• _Exercise description_
Which lines hold the string "outside"? Copy each of them from the material below.

• _Input for this task_
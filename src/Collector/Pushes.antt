-- ===== src/Collector/Pushes.antt =====
-- A step of a running collector keeps its logs consistent.
use onecatch.Base.{
  ℕ, String, true, false, ◌&&◌, Option, some, List, [], ◌∷◌, ◌==◌, if◌then◌else◌, ltb, eqb, ◌≡◌,
  ◌⊎◌, inl, inr, refl, subst, some_injective, arith, Bool-cases, Option-cases,
}
use text.Mathlib.TextLemmas.{append_assoc}
use mathlib.Core.Option
use onecatch.Base.Dict
use onecatch.Desktop.RunStream.{Phase, atomic, start, delta, snapshot, end}
use onecatch.Collector.{
  ContextUsage, Event, Stream, Collector, blank_stream, kind_usage, kind_context_compaction,
  context_was_compacted, set_stream, start_stream, ensure_stream, end_stream, finish, final_event,
  both, each, stream_ids, persist_event, flush_live_one, flush_durable_one, flush_live,
  flush_durable, flush_all,
}
use onecatch.Collector.Push.{
  held, compaction_event, note_usage, noted_usage, note_context, push_delta, push, by_phase,
}
use onecatch.Collector.Logs.{
  replay, events, Consistent, emit-Consistent, both-Consistent, start_stream-Consistent,
  ensure_stream-Consistent, flush_live_one-Consistent, flush_durable_one-Consistent,
}

module _ {R : Type 0} (persist : List (Event R) → Event R → Option ℕ) (blank : R) where
  abbrev pub Good : Collector R → Type 0
  Good = Consistent persist blank

  pub each-Good :
      (f : String → Collector R → Collector R)
      → ((id : String) (c : Collector R) → Good c → Good (f id c))
      → (ids : List String) (c : Collector R) → Good c
      → Good (each persist blank f ids c)
  each-Good f one [] c k = k
  each-Good f one (id ∷ ids) c k = each-Good f one ids (f id c) (one id c k)

  pub flush_live-Good : (c : Collector R) → Good c → Good (flush_live persist blank c)
  unfolding flush_live
  flush_live-Good c k =
      each-Good (flush_live_one persist blank) (flush_live_one-Consistent persist blank)
        (stream_ids persist blank c) c k

  pub flush_durable-Good : (c : Collector R) → Good c → Good (flush_durable persist blank c)
  unfolding flush_durable
  flush_durable-Good c k =
      each-Good (flush_durable_one persist blank) (flush_durable_one-Consistent persist blank)
        (stream_ids persist blank c) c k

  pub flush_all-Good : (c : Collector R) → Good c → Good (flush_all persist blank c)
  unfolding flush_all
  flush_all-Good c k =
      let stopped = record c { live_timer = false; durable_timer = false } in
      flush_durable-Good (flush_live persist blank stopped) (flush_live-Good stopped k)

  replay-final :
      (e : Event R) (s : Stream) (log : List (Event R))
      → (e.phase ≡ snapshot) ⊎ (e.phase ≡ end)
      → replay e.stream_id (final_event persist blank e s ∷ log)
        ≡ (final_event persist blank e s).text
  replay-final e s log p = ground (arith, p)

  finish-Good :
      (e : Event R) (s : Stream) (c : Collector R)
      → (e.phase ≡ snapshot) ⊎ (e.phase ≡ end)
      → Good c
      → Good (finish persist blank e s c)
  finish-Good e s c p k =
      let event = final_event persist blank e s in
      let seq = (persist_event persist blank event c).1 in
      let number = if eqb s.seq 0 then seq else s.seq in
      emit-Consistent persist blank event number
        (record s { seq = number; revision = event.revision; full = event.text; ended = true }) c
        (λ agree.
          (replay-final e s (events c.published) p, λ _. replay-final e s c.persisted p, λ h. cc))
        k

  pub end_stream-Good :
      (e : Event R) (c : Collector R)
      → (e.phase ≡ snapshot) ⊎ (e.phase ≡ end)
      → Good c
      → Good (end_stream persist blank e c)
  unfolding end_stream
  end_stream-Good e c p k =
      let known = ensure_stream persist blank e c in
      let good = ensure_stream-Consistent persist blank e c k in
      let s = Option.get_or (Dict.lookup e.stream_id known.streams) blank_stream in
      elim (Bool-cases (e.stream_id == "")) [
        | inl t ↦ rw (t, end_stream) (both-Consistent persist blank e c (inl (ground arith)) k)
        | inr t ↦ elim (Bool-cases s.ended) [
          | inl u ↦ rw (t, end_stream, u) good
          | inr u ↦ rw (t, end_stream, u) (finish-Good e s known p good)
        ]
      ]

  both_alone-Good :
      (e : Event R) (c : Collector R)
      → (e.stream_id ≡ "") ⊎ (e.phase ≡ atomic)
      → Good c
      → Good (both persist blank e (flush_all persist blank c))
  both_alone-Good e c outside k =
      both-Consistent persist blank e (flush_all persist blank c) outside (flush_all-Good c k)

  note_usage-Good :
      (e : Event R) (usage : ContextUsage) (c : Collector R)
      → Good c
      → Good (note_usage persist blank e usage c)
  unfolding note_usage
  note_usage-Good e usage c k =
      elim (Bool-cases (context_was_compacted c.context_tokens usage.tokens)) [
        | inl t ↦
            rw (t, note_usage)
              (both_alone-Good (compaction_event persist blank e c.context_tokens usage) c
                (inl refl) k)
        | inr t ↦ rw (t, note_usage) k
      ]

  noted_usage-Good : (e : Event R) (c : Collector R) → Good c → Good (noted_usage persist blank e c)
  unfolding note_usage
  noted_usage-Good e c k = elim (Option-cases e.context) [
    | inl f ↦ rw f k
    | inr (usage, f) ↦ elim (Bool-cases ((e.kind == kind_usage) && ltb 0 usage.tokens)) [
      | inl t ↦ rw (f, t) (note_usage-Good e usage c k)
      | inr t ↦ rw (f, t) k
    ]
  ]

  note_context-Good :
      (e : Event R) (c : Collector R) → Good c → Good (note_context persist blank e c)
  unfolding note_context
  note_context-Good e c k = elim (Bool-cases (e.kind == kind_context_compaction)) [
    | inl t ↦ rw (note_context, t) (noted_usage-Good e (record c { context_tokens = 0 }) k)
    | inr t ↦ rw (note_context, t) (noted_usage-Good e c k)
  ]

  -- A piece that is held back is missing from both logs.
  hold-Good :
      (e : Event R) (s : Stream) (c : Collector R)
      → Dict.lookup e.stream_id c.streams ≡ some s
      → Good c
      → Good (set_stream persist blank e.stream_id (held persist blank e s) c)
  hold-Good e s c f k = elim k [
    | inl bad ↦ inl bad
    | inr (ok, has, agree) ↦ inr (
      ok,
      has,
      λ id o. ground (
        arith,
        agree id o,
        f,
        Dict.lookup-insert e.stream_id id (held persist blank e s) c.streams,
        append_assoc (replay e.stream_id c.persisted) s.disk_pending e.text,
        append_assoc s.full s.live_pending e.text,
      ),
    )
  ]

  push_delta-Good :
      (e : Event R) (c out : Collector R)
      → Good c
      → push_delta persist blank e c ≡ some out
      → Good out
  unfolding push_delta
  push_delta-Good e c out k h =
      let known = ensure_stream persist blank e c in
      let good = ensure_stream-Consistent persist blank e c k in
      elim (Option-cases (Dict.lookup e.stream_id known.streams)) [
        | inl f ↦ cc (rw (push_delta, f) at h)
        | inr (s, f) ↦
            subst Good (some_injective (rw (push_delta, f) at h)) (hold-Good e s known f good)
      ]

  by_phase-Good :
      (p : Phase) (e : Event R) (c out : Collector R)
      → e.phase ≡ p
      → Good c
      → by_phase persist blank e c ≡ some out
      → Good out
  by_phase-Good delta e c out f k h = push_delta-Good e c out k (ground (arith, f, h))
  by_phase-Good start e c out f k h =
      let flushed = flush_all persist blank c in
      let same : start_stream persist blank e flushed ≡ out = ground (arith, f, h) in
      subst Good same (start_stream-Consistent persist blank e flushed f (flush_all-Good c k))
  by_phase-Good snapshot e c out f k h =
      let flushed = flush_all persist blank c in
      let same : end_stream persist blank e flushed ≡ out = ground (arith, f, h) in
      subst Good same (end_stream-Good e flushed (inl f) (flush_all-Good c k))
  by_phase-Good end e c out f k h =
      let flushed = flush_all persist blank c in
      let same : end_stream persist blank e flushed ≡ out = ground (arith, f, h) in
      subst Good same (end_stream-Good e flushed (inr f) (flush_all-Good c k))
  by_phase-Good atomic e c out f k h =
      let same : both persist blank e (flush_all persist blank c) ≡ out = ground (arith, f, h) in
      subst Good same (both_alone-Good e c (inr f) k)

  pub push-Good :
      (e : Event R) (c out : Collector R) → Good c → push persist blank e c ≡ some out → Good out
  unfolding push
  push-Good e c out k h = elim (Bool-cases c.closed) [
    | inl t ↦ let same : c ≡ out = ground (arith, t, h) in subst Good same k
    | inr t ↦
        by_phase-Good e.phase e (note_context persist blank e c) out refl (note_context-Good e c k)
          (ground (arith, t, h))
  ]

• _Response area_
  both_alone-Good e c outside k =
      both-Consistent persist blank e (flush_all persist blank c) outside (flush_all-Good c k)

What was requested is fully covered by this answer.